-- ===== src/Widget/Context.antt =====
-- The signed `authContext` of a widget (`verify_auth_context` of
-- rust/smooth-operator/src/widget_auth.rs). HMAC-SHA256 and the hex decoder are third-party crates.
use Prim.Native.String.{◌++◌}
use smooth_agent.Base.{
  ℕ, ◌-◌, ◌⊎◌, String, Bool, true, false, Option, none, some, List, ◌≡◌, ◌+◌, ◌≤◌, ◌<◌, refl, arith,
  if◌then◌else◌, ltb, leb, ◌&&◌, ◌↔◌, Option-cases, Bool-cases, inl, inr, ap, sym, ◌∙◌,
}
use smooth_agent.Base.Int.{ℤ, pos, negsuc, i64_half, i64_sub, i64_abs, gt_ℤ, pos_part, neg_part}

-- The functions that the check calls: `hex::decode`, a number's `Display`, and the verification of
-- an HMAC under a key (`none` for a key that is refused) of a message against a signature.
pub record HmacCrates : Type 0 where
  pub hex_decode : String → Option (List ℕ)
  pub show_i64 : ℤ → String
  pub verify_slice : String → String → List ℕ → Option Bool

-- The signature's part of the check.
unfoldable pub signature_ok : HmacCrates → String → String → String → ℤ → Bool
signature_ok crates public_key user_id signature_hex timestamp =
    elim (crates.hex_decode signature_hex) [
      | none ↦ false
      | some sig ↦
          elim (crates.verify_slice public_key (user_id ++ (":" ++ crates.show_i64 timestamp))
            sig) [ none ↦ false | some ok ↦ ok ]
    ]

-- `(now_unix - timestamp).abs()`, which overflows on some timestamps.
unfoldable pub replay_distance : Bool → ℤ → ℤ → Option ℤ
unfolding i64_sub i64_abs
replay_distance checks now_unix timestamp = elim (i64_sub checks now_unix timestamp) [
  | none ↦ none
  | some d ↦ i64_abs checks d
]

-- `none` is a panic, which only a build with overflow checks has.
unfoldable pub verify_auth_context :
    HmacCrates → Bool → String → String → String → ℤ → ℤ → ℤ → Option Bool
unfolding signature_ok replay_distance
verify_auth_context crates checks public_key user_id signature_hex timestamp now_unix max_age_secs =
    elim (replay_distance checks now_unix timestamp) [
      | none ↦ none
      | some distance ↦
          if gt_ℤ distance max_age_secs
          then some false
          else some (signature_ok crates public_key user_id signature_hex timestamp)
    ]

-- Two times less than 2 ^ 63 seconds apart.
abbrev pub AreNear : ℤ → ℤ → Type 0
AreNear a b =
    (pos_part a + neg_part b < i64_half + (neg_part a + pos_part b))
    × (neg_part a + pos_part b < i64_half + (pos_part a + neg_part b))

-- The distance of two times.
abbrev pub distance : ℤ → ℤ → ℕ
distance a b =
    let ahead = pos_part a + neg_part b in
    let behind = neg_part a + pos_part b in
    if leb behind ahead then ahead - behind else behind - ahead

abbrev pub IsFar : ℤ → ℤ → Type 0
IsFar a b =
    (i64_half + (neg_part a + pos_part b) ≤ pos_part a + neg_part b)
    ⊎ (i64_half + (pos_part a + neg_part b) ≤ neg_part a + pos_part b)

replay_distance-near :
    (checks : Bool) (now_unix timestamp : ℤ)
    → AreNear now_unix timestamp
    → replay_distance checks now_unix timestamp ≡ some (pos (distance now_unix timestamp))
unfolding replay_distance i64_sub i64_abs
replay_distance-near checks (pos n) (pos t) (a, b) = ground arith
replay_distance-near checks (pos n) (negsuc t) (a, b) = ground arith
replay_distance-near checks (negsuc n) (pos t) (a, b) = ground arith
replay_distance-near checks (negsuc n) (negsuc t) (a, b) = ground arith

replay_distance-far :
    (now_unix timestamp : ℤ)
    → IsFar now_unix timestamp
    → replay_distance true now_unix timestamp ≡ none
unfolding replay_distance i64_sub i64_abs
replay_distance-far (pos n) (pos t) far = ground arith
replay_distance-far (pos n) (negsuc t) far = ground arith
replay_distance-far (negsuc n) (pos t) far = ground arith
replay_distance-far (negsuc n) (negsuc t) far = ground arith

-- Two times exactly 2 ^ 63 seconds apart.
abbrev pub AreAntipodal : ℤ → ℤ → Type 0
AreAntipodal a b =
    (pos_part a + neg_part b ≡ i64_half + (neg_part a + pos_part b))
    ⊎ (neg_part a + pos_part b ≡ i64_half + (pos_part a + neg_part b))

replay_distance-wraps :
    (now_unix timestamp : ℤ)
    → AreAntipodal now_unix timestamp
    → replay_distance false now_unix timestamp ≡ some (negsuc 0x7fffffffffffffff)
unfolding replay_distance i64_sub i64_abs
replay_distance-wraps (pos n) (pos t) apart = ground arith
replay_distance-wraps (pos n) (negsuc t) apart = ground arith
replay_distance-wraps (negsuc n) (pos t) apart = ground arith
replay_distance-wraps (negsuc n) (negsuc t) apart = ground arith

module _ (crates : HmacCrates) (public_key user_id signature_hex : String) where
  -- The hex text is of a signature, under the key, of the user id and the timestamp with a colon
  -- between them.
  abbrev pub IsSigned : ℤ → Type 0
  IsSigned timestamp =
      (signature : List ℕ) × (crates.hex_decode signature_hex ≡ some signature)
      × (crates.verify_slice public_key (user_id ++ (":" ++ crates.show_i64 timestamp)) signature
          ≡ some true)

  signature_ok→IsSigned :
      (timestamp : ℤ)
      → signature_ok crates public_key user_id signature_hex timestamp ≡ true
      → IsSigned timestamp
  unfolding signature_ok
  signature_ok→IsSigned timestamp h = elim (Option-cases (crates.hex_decode signature_hex)) [
    | inl e ↦ cc (rw (signature_ok, e) at h)
    | inr (sig, e) ↦
        elim (Option-cases
          (crates.verify_slice public_key (user_id ++ (":" ++ crates.show_i64 timestamp)) sig)) [
            | inl v ↦ cc (rw (signature_ok, e, v) at h)
            | inr (b, v) ↦ (sig, e, v ∙ ap some (rw (signature_ok, e, v) at h))
          ]
  ]

  IsSigned→signature_ok :
      (timestamp : ℤ)
      → IsSigned timestamp
      → signature_ok crates public_key user_id signature_hex timestamp ≡ true
  unfolding signature_ok
  IsSigned→signature_ok timestamp (sig, e, v) = rw (signature_ok, e, v) refl

  -- The times differ by the age at most.
  abbrev pub IsFresh : (now_unix timestamp max_age_secs : ℤ) → Type 0
  IsFresh now_unix timestamp max_age_secs =
      distance now_unix timestamp + neg_part max_age_secs ≤ pos_part max_age_secs

  verify_auth_context-near :
      (checks : Bool) (now_unix timestamp max_age_secs : ℤ)
      → AreNear now_unix timestamp
      → verify_auth_context crates checks public_key user_id signature_hex timestamp now_unix
          max_age_secs
        ≡ some (
            leb (distance now_unix timestamp + neg_part max_age_secs) (pos_part max_age_secs)
            && signature_ok crates public_key user_id signature_hex timestamp)
  unfolding verify_auth_context
  verify_auth_context-near checks now_unix timestamp max_age_secs near =
      rw (verify_auth_context, replay_distance-near checks now_unix timestamp near)
        (window (distance now_unix timestamp) (neg_part max_age_secs) (pos_part max_age_secs)
          (signature_ok crates public_key user_id signature_hex timestamp))
    where
      window :
          (d below above : ℕ) (signed : Bool)
          → (if ltb (above + 0) (d + below) then some false else some signed)
            ≡ some (leb (d + below) above && signed)
      window d below above signed = ground arith

  -- The check of two times less than 2 ^ 63 seconds apart never panics, and succeeds exactly if the
  -- times differ by `max_age_secs` at most and the signature is, under the key, one of the user id and
  -- the timestamp, joined by a colon. With times further apart a build with overflow checks panics.
  pub verify_auth_context_lem :
      (now_unix timestamp max_age_secs : ℤ)
      → ((checks : Bool)
          → AreNear now_unix timestamp
          → (b : Bool) × (verify_auth_context crates checks public_key user_id signature_hex
                timestamp now_unix max_age_secs
              ≡ some b)
            × ((b ≡ true) ↔ (IsFresh now_unix timestamp max_age_secs × IsSigned timestamp)))
        × (IsFar now_unix timestamp
            → verify_auth_context crates true public_key user_id signature_hex timestamp now_unix
                max_age_secs
              ≡ none)
  unfolding verify_auth_context
  verify_auth_context_lem now_unix timestamp max_age_secs = (
    λ checks near. (
      leb (distance now_unix timestamp + neg_part max_age_secs) (pos_part max_age_secs)
          && signature_ok crates public_key user_id signature_hex timestamp,
      verify_auth_context-near checks now_unix timestamp max_age_secs near,
      (
        λ h. (ground arith, signature_ok→IsSigned timestamp (ground arith)),
        λ fresh_signed.
            let signed = IsSigned→signature_ok timestamp fresh_signed.1 in
            let fresh = fresh_signed.0 in ground arith,
      ),
    ),
    λ far. rw (verify_auth_context, replay_distance-far now_unix timestamp far) refl,
  )

  near_or_IsFar : (a b : ℤ) → AreNear a b ⊎ IsFar a b
  near_or_IsFar a b = ground arith

  -- Whatever passes is signed, and it is fresh but in a build without overflow checks, where a
  -- timestamp at least 2 ^ 63 seconds away may pass, too.
  pub verify_auth_context-accepts :
      (checks : Bool) (now_unix timestamp max_age_secs : ℤ)
      → verify_auth_context crates checks public_key user_id signature_hex timestamp now_unix
          max_age_secs
        ≡ some true
      → IsSigned timestamp
        × (IsFresh now_unix timestamp max_age_secs ⊎ ((checks ≡ false) × IsFar now_unix timestamp))
  unfolding verify_auth_context
  verify_auth_context-accepts checks now_unix timestamp max_age_secs h =
      elim (near_or_IsFar now_unix timestamp) [
        | inl near ↦
            let both =
              the_same _
                (sym (verify_auth_context-near checks now_unix timestamp max_age_secs near) ∙ h) in
            (signature_ok→IsSigned timestamp (ground arith), inl (ground arith))
        | inr far ↦ elim (Bool-cases checks) [
          | inl on ↦
              let panics = (verify_auth_context_lem now_unix timestamp max_age_secs).1 far in
              cc (rw on at h, panics)
          | inr off ↦ elim (Option-cases (replay_distance checks now_unix timestamp)) [
            | inl e ↦ cc (rw (verify_auth_context, e) at h)
            | inr (d, e) ↦
                let signed = decided (gt_ℤ d max_age_secs) _ (rw (verify_auth_context, e) at h) in
                (signature_ok→IsSigned timestamp signed, inr (off, far))
          ]
        ]
      ]
    where
      the_same : (b : Bool) → some b ≡ some true → b ≡ true
      the_same b h = cc

      decided :
          (stale signed : Bool)
          → (if stale then some false else some signed) ≡ some true
          → signed ≡ true
      decided true signed h = cc
      decided false signed h = the_same signed h

  -- In a build without overflow checks a timestamp 2 ^ 63 seconds away from the present, on either
  -- side, passes the replay window of every age that is not negative: only the signature decides.
  pub verify_auth_context-wraps :
      (now_unix timestamp max_age_secs : ℤ)
      → neg_part max_age_secs ≡ 0
      → AreAntipodal now_unix timestamp
      → verify_auth_context crates false public_key user_id signature_hex timestamp now_unix
          max_age_secs
        ≡ some (signature_ok crates public_key user_id signature_hex timestamp)
  unfolding verify_auth_context
  verify_auth_context-wraps now_unix timestamp max_age_secs positive apart =
      rw (verify_auth_context, replay_distance-wraps now_unix timestamp apart, positive)
        (inside (pos_part max_age_secs))
    where
      inside :
          (above : ℕ)
          → (if ltb (above + i64_half) 0
              then some false
              else some (signature_ok crates public_key user_id signature_hex timestamp))
            ≡ some (signature_ok crates public_key user_id signature_hex timestamp)
      inside above = ground arith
※ ※ ※
> Instructions for the task: Only the lines above starting at the one containing "unfoldable pub signature_ok" and ending at the one containing "unfoldable pub replay_distance", both included, are to be returned, exactly as they read.

> Answer section:
unfoldable pub signature_ok : HmacCrates → String → String → String → ℤ → Bool
signature_ok crates public_key user_id signature_hex timestamp =
    elim (crates.hex_decode signature_hex) [
      | none ↦ false
      | some sig ↦
          elim (crates.verify_slice public_key (user_id ++ (":" ++ crates.show_i64 timestamp))
            sig) [ none ↦ false | some ok ↦ ok ]
    ]

-- `(now_unix - timestamp).abs()`, which overflows on some timestamps.
unfoldable pub replay_distance : Bool → ℤ → ℤ → Option ℤ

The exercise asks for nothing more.